Isso porque o perfil dos senadores é muito diferente. Magno tem posições radiciais contra o abordo, união homoafetiva e descriminalização da macinha, além de defender com unhas e dentes a redução da maioridade penal. Todas posições controversas, que não se harmonizam com o perfil da maioria do eleitorado de Ricardo. É mais fácil Malta conseguir atrair a atenção de alguns eleitores do campo de atuação de Ricardo, que podem pegar o embalo da tendência mais conservadora. Já o contrário, é bem mais difícil. Ricardo tem um eleitorado concentrado nas classes A e B. A participação nos eventos de Malta, seria uma forma de popularizar o senador entre o eleitorado do colega de bancada, ganhando a simpatia das classes C, D e E.

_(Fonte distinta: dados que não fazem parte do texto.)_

-- ===== src/Tcp/Inv.antt =====
-- The invariant of the connection table: the receive buffer of every connection is a ring of 4096
-- bytes, and its accept queue a ring of four connections.
use hobbyos.Base.{
  ℕ, zero, suc, ◌+◌, ◌≤◌, ◌≡◌, refl, ap, ◌∙◌, Bool, true, false, Option, none, some, List, [], ltb,
  if◌then◌else◌, length, length-set, length-replicate, All, All-modify, All-modify_at, All-get_or,
  arith, Bool-cases, inl, inr,
}
use hobbyos.Ring.Transfer.{IsRing, copy_in-window}
use hobbyos.Tcp.{
  Tcp, TcpState, Conn, conn, set_conn, zero_conn, tcp_rx_buf_size, tcp_accept_queue,
  tcp_send_segment, tcp_alloc_conn, alloc_at, wake_reader, wake_writer, wake_accepter,
}
use hobbyos.Tcp.Input.{
  Received, parse, bytes_at, accepted, store, take_data, take_ack, take_fin, take_rst,
  on_established, on_listen, answer_syn, offer, on_syn_received, on_syn_sent, take_last_fin,
  on_fin_wait_1, on_last_ack, on_segment, deliver, tcp_receive,
}

pub record IsConn (c : Conn) : Type 0 where
  pub rx : IsRing tcp_rx_buf_size c.rx_buf c.rx_read_pos c.rx_write_pos c.rx_count
  pub queue : IsRing tcp_accept_queue c.accept_queue c.accept_head c.accept_tail c.accept_count

pub record IsTcp (n : Tcp) : Type 0 where
  pub each : All IsConn n.conns

pub zero_conn-IsConn : IsConn zero_conn
unfolding zero_conn
zero_conn-IsConn = record {
  rx = record {
    size = length-replicate {A = ℕ} 4096 0;
    reader = omega arith;
    fits = omega arith;
    writer = refl;
  };
  queue = record { size = refl; reader = omega arith; fits = omega arith; writer = refl };
}

pub conn-IsConn : (n : Tcp) (i : ℕ) → IsTcp n → IsConn (conn n i)
conn-IsConn n i t = All-get_or IsConn n.conns i zero_conn t.each zero_conn-IsConn

pub if-IsTcp : (b : Bool) (x y : Tcp) → IsTcp x → IsTcp y → IsTcp (if b then x else y)
if-IsTcp true x y hx hy = hx
if-IsTcp false x y hx hy = hy

pub kept :
    (n : Tcp) (i : ℕ) (f : Conn → Conn)
    → IsTcp n
    → ((c : Conn) → IsConn c → IsConn (f c))
    → IsTcp (set_conn i f n)
kept n i f t keep = record { each = All-modify IsConn n.conns i f t.each keep }

pub kept_at :
    (n : Tcp) (i : ℕ) (f : Conn → Conn)
    → IsTcp n
    → (IsConn (conn n i) → IsConn (f (conn n i)))
    → IsTcp (set_conn i f n)
kept_at n i f t keep = record {
  each = All-modify_at IsConn n.conns i f zero_conn t.each (λ l. keep (conn-IsConn n i t));
}

pub send_segment-IsTcp :
    (i flags : ℕ) (bytes : List ℕ) (n : Tcp) → IsTcp n → IsTcp (tcp_send_segment i flags bytes n)
unfolding tcp_send_segment
send_segment-IsTcp i flags bytes n t = if-IsTcp (ltb 1500 (20 + length bytes)) n _ t (record {
  each = All-modify IsConn n.conns i _ t.each (λ c h. record { rx = h.rx; queue = h.queue });
})

pub wake_reader-IsTcp : (i : ℕ) (n : Tcp) → IsTcp n → IsTcp (wake_reader i n)
wake_reader-IsTcp i n t = record {
  each = All-modify IsConn n.conns i _ t.each (λ c h. record { rx = h.rx; queue = h.queue });
}

pub wake_writer-IsTcp : (i : ℕ) (n : Tcp) → IsTcp n → IsTcp (wake_writer i n)
wake_writer-IsTcp i n t = record {
  each = All-modify IsConn n.conns i _ t.each (λ c h. record { rx = h.rx; queue = h.queue });
}

wake_accepter-IsTcp : (i : ℕ) (n : Tcp) → IsTcp n → IsTcp (wake_accepter i n)
wake_accepter-IsTcp i n t = record {
  each = All-modify IsConn n.conns i _ t.each (λ c h. record { rx = h.rx; queue = h.queue });
}

pub length-bytes_at : (m : List ℕ) (from n : ℕ) → length (bytes_at m from n) ≡ n
unfolding bytes_at
length-bytes_at m from zero = refl
length-bytes_at m from (suc n) = ap suc (length-bytes_at m (from + 1) n)

pub accepted-le :
    (s : Received) (c : Conn)
    → c.rx_count ≤ tcp_rx_buf_size
    → c.rx_count + accepted s c ≤ tcp_rx_buf_size
accepted-le s c h = ground arith

store-IsConn : (s : Received) (c : Conn) → IsConn c → IsConn (store s c)
store-IsConn s c h =
    let xs = bytes_at s.memory s.data_off (accepted s c) in
    let len = length-bytes_at s.memory s.data_off (accepted s c) in
    let moved =
      copy_in-window tcp_rx_buf_size xs c.rx_buf c.rx_read_pos c.rx_write_pos c.rx_count h.rx
        (rw len (accepted-le s c h.rx.fits)) in
    record { rx = rw len at (moved.1); queue = h.queue }

alloc_at-IsTcp : (o : Option ℕ) (n : Tcp) → IsTcp n → IsTcp (alloc_at o n).1
unfolding alloc_at zero_conn
alloc_at-IsTcp none n t = t
alloc_at-IsTcp (some i) n t =
    kept _ i _ t (λ c h. record { rx = zero_conn-IsConn.rx; queue = zero_conn-IsConn.queue })

pub alloc_conn-IsTcp : (n : Tcp) → IsTcp n → IsTcp (tcp_alloc_conn n).1
unfolding tcp_alloc_conn
alloc_conn-IsTcp n t = alloc_at-IsTcp _ n t

module _ (i : ℕ) (s : Received) where
  answer_syn-IsTcp : (r : Option ℕ × Tcp) → IsTcp r.1 → IsTcp (answer_syn i s r)
  unfolding answer_syn
  answer_syn-IsTcp (none, n) t = t
  answer_syn-IsTcp (some j, n) t =
      send_segment-IsTcp j _ [] _ (kept _ j _ t (λ c h. record { rx = h.rx; queue = h.queue }))

  on_listen-IsTcp : (n : Tcp) → IsTcp n → IsTcp (on_listen i s n)
  unfolding on_listen
  on_listen-IsTcp n t =
      if-IsTcp _ _ _ (answer_syn-IsTcp (tcp_alloc_conn n) (alloc_conn-IsTcp n t)) t

  offer-IsTcp : (q : Option ℕ) (n : Tcp) → IsTcp n → IsTcp (offer i q n)
  unfolding offer
  offer-IsTcp none n t = t
  offer-IsTcp (some q) n t = elim (Bool-cases (ltb (conn n q).accept_count tcp_accept_queue)) [
    | inr full ↦ rw full t
    | inl room ↦ rw room (
        wake_accepter-IsTcp q _ (
          kept_at n q _ t (λ h. record {
            rx = h.rx;
            queue = record {
              size = length-set (conn n q).accept_queue _ i ∙ h.queue.size;
              reader = h.queue.reader;
              fits = ground (arith, room, h.queue.fits);
              writer = omega (arith, h.queue.writer);
            };
          })))
  ]

  on_syn_received-IsTcp : (n : Tcp) → IsTcp n → IsTcp (on_syn_received i s n)
  unfolding on_syn_received
  on_syn_received-IsTcp n t =
      if-IsTcp _ _ _ (offer-IsTcp _ _ (kept _ i _ t (λ c h. record { rx = h.rx; queue = h.queue })))
        t

  on_syn_sent-IsTcp : (n : Tcp) → IsTcp n → IsTcp (on_syn_sent i s n)
  unfolding on_syn_sent
  on_syn_sent-IsTcp n t =
      if-IsTcp _ _ _
        (wake_writer-IsTcp i _ (
          send_segment-IsTcp i _ [] _
            (kept n i _ t (λ c h. record { rx = h.rx; queue = h.queue }))))
        t

  pub take_ack-IsTcp : (n : Tcp) → IsTcp n → IsTcp (take_ack i s n)
  unfolding take_ack
  take_ack-IsTcp n t =
      if-IsTcp _ _ _ (kept n i _ t (λ c h. record { rx = h.rx; queue = h.queue })) t

  take_data-IsTcp : (n : Tcp) → IsTcp n → IsTcp (take_data i s n)
  unfolding take_data
  take_data-IsTcp n t =
      if-IsTcp _ _ _
        (wake_reader-IsTcp i _
          (send_segment-IsTcp i _ [] _ (kept n i (store s) t (store-IsConn s))))
        t

  take_fin-IsTcp : (n : Tcp) → IsTcp n → IsTcp (take_fin i s n)
  unfolding take_fin
  take_fin-IsTcp n t =
      if-IsTcp _ _ _
        (wake_reader-IsTcp i _ (
          send_segment-IsTcp i _ [] _
            (kept n i _ t (λ c h. record { rx = h.rx; queue = h.queue }))))
        t

  take_rst-IsTcp : (n : Tcp) → IsTcp n → IsTcp (take_rst i s n)
  unfolding take_rst
  take_rst-IsTcp n t =
      if-IsTcp _ _ _
        (wake_writer-IsTcp i _
          (wake_reader-IsTcp i _ (kept n i _ t (λ c h. record { rx = h.rx; queue = h.queue }))))
        t

  take_last_fin-IsTcp : (n : Tcp) → IsTcp n → IsTcp (take_last_fin i s n)
  unfolding take_last_fin
  take_last_fin-IsTcp n t =
      if-IsTcp _ _ _
        (send_segment-IsTcp i _ [] _ (kept _ i _ t (λ c h. record { rx = h.rx; queue = h.queue })))
        t

  on_segment-IsTcp : (st : TcpState) (n : Tcp) → IsTcp n → IsTcp (on_segment st i s n)
  unfolding on_segment on_established on_fin_wait_1 on_last_ack
  on_segment-IsTcp TcpState.listen n t = on_listen-IsTcp n t
  on_segment-IsTcp TcpState.syn_received n t = on_syn_received-IsTcp n t
  on_segment-IsTcp TcpState.syn_sent n t = on_syn_sent-IsTcp n t
  on_segment-IsTcp TcpState.established n t =
      take_rst-IsTcp _ (take_fin-IsTcp _ (take_data-IsTcp _ (take_ack-IsTcp n t)))
  on_segment-IsTcp TcpState.fin_wait_1 n t =
      take_last_fin-IsTcp _
        (if-IsTcp _ _ _ (kept _ i _ t (λ c h. record { rx = h.rx; queue = h.queue })) t)
  on_segment-IsTcp TcpState.fin_wait_2 n t = take_last_fin-IsTcp n t
  on_segment-IsTcp TcpState.last_ack n t =
      if-IsTcp _ _ _ (kept _ i _ t (λ c h. record { rx = h.rx; queue = h.queue })) t
  on_segment-IsTcp TcpState.closed n t = t
  on_segment-IsTcp TcpState.close_wait n t = t
  on_segment-IsTcp TcpState.time_wait n t = t

deliver-IsTcp : (o : Option ℕ) (s : Received) (n : Tcp) → IsTcp n → IsTcp (deliver o s n)
unfolding deliver
deliver-IsTcp none s n t = t
deliver-IsTcp (some i) s n t = on_segment-IsTcp i s _ n t

-- `tcp_receive` keeps the invariant, whatever the segment holds.
pub receive-IsTcp :
    (m : List ℕ) (remaining src_ip : ℕ) (n : Tcp)
    → IsTcp n
    → IsTcp (tcp_receive m remaining src_ip n)
unfolding tcp_receive
receive-IsTcp m remaining src_ip n t =
    if-IsTcp _ _ _ t (deliver-IsTcp _ (parse m remaining src_ip) n t)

Com sua mudança de barco, diante da crise do PT, que ajudou a eleger e ao se aproximar do discurso conservador, Malta conseguiu chamar a atenção de alguns eleitores das classes A e B. Mas Ferraço, embora tenha um bom desempenho no Senado, tem dificuldade eleitoral. Mesmo se gabando de ter mais de um milhão de votos, o fato é que o senador contou com uma boa estratégia em 2010, que garantiu sua eleição.
Oficialmente, ele e Malta eram companheiros de campanha, mas o tucano, à época no PMDB, fez campanha para Rita Camata (PSDB) e vice-versa. A estratégia palaciana queria barrar Malta, então desafeto de Hartung. Com a eleição dos dois as mágoas foram superadas e a necessidade de sobrevivência os aproximou.
Como o governador Paulo Hartung (PMDB) vinha ensaiando uma possível candidatura ao Senado, os dois senadores passaram a buscar uma estratégia conjunta para se fortalecer. O peemedebista teria proposto, inclusive, que Ricardo Ferraço viesse a disputar o governo, deixando o caminho livre para sua disputa, mas o tucano não aceitou a proposta e ganhou o apoio do PSDB capixaba em sua decisão. Falta, agora, Ricardo fechar a segunda parte do plano, que é se reeleger senador.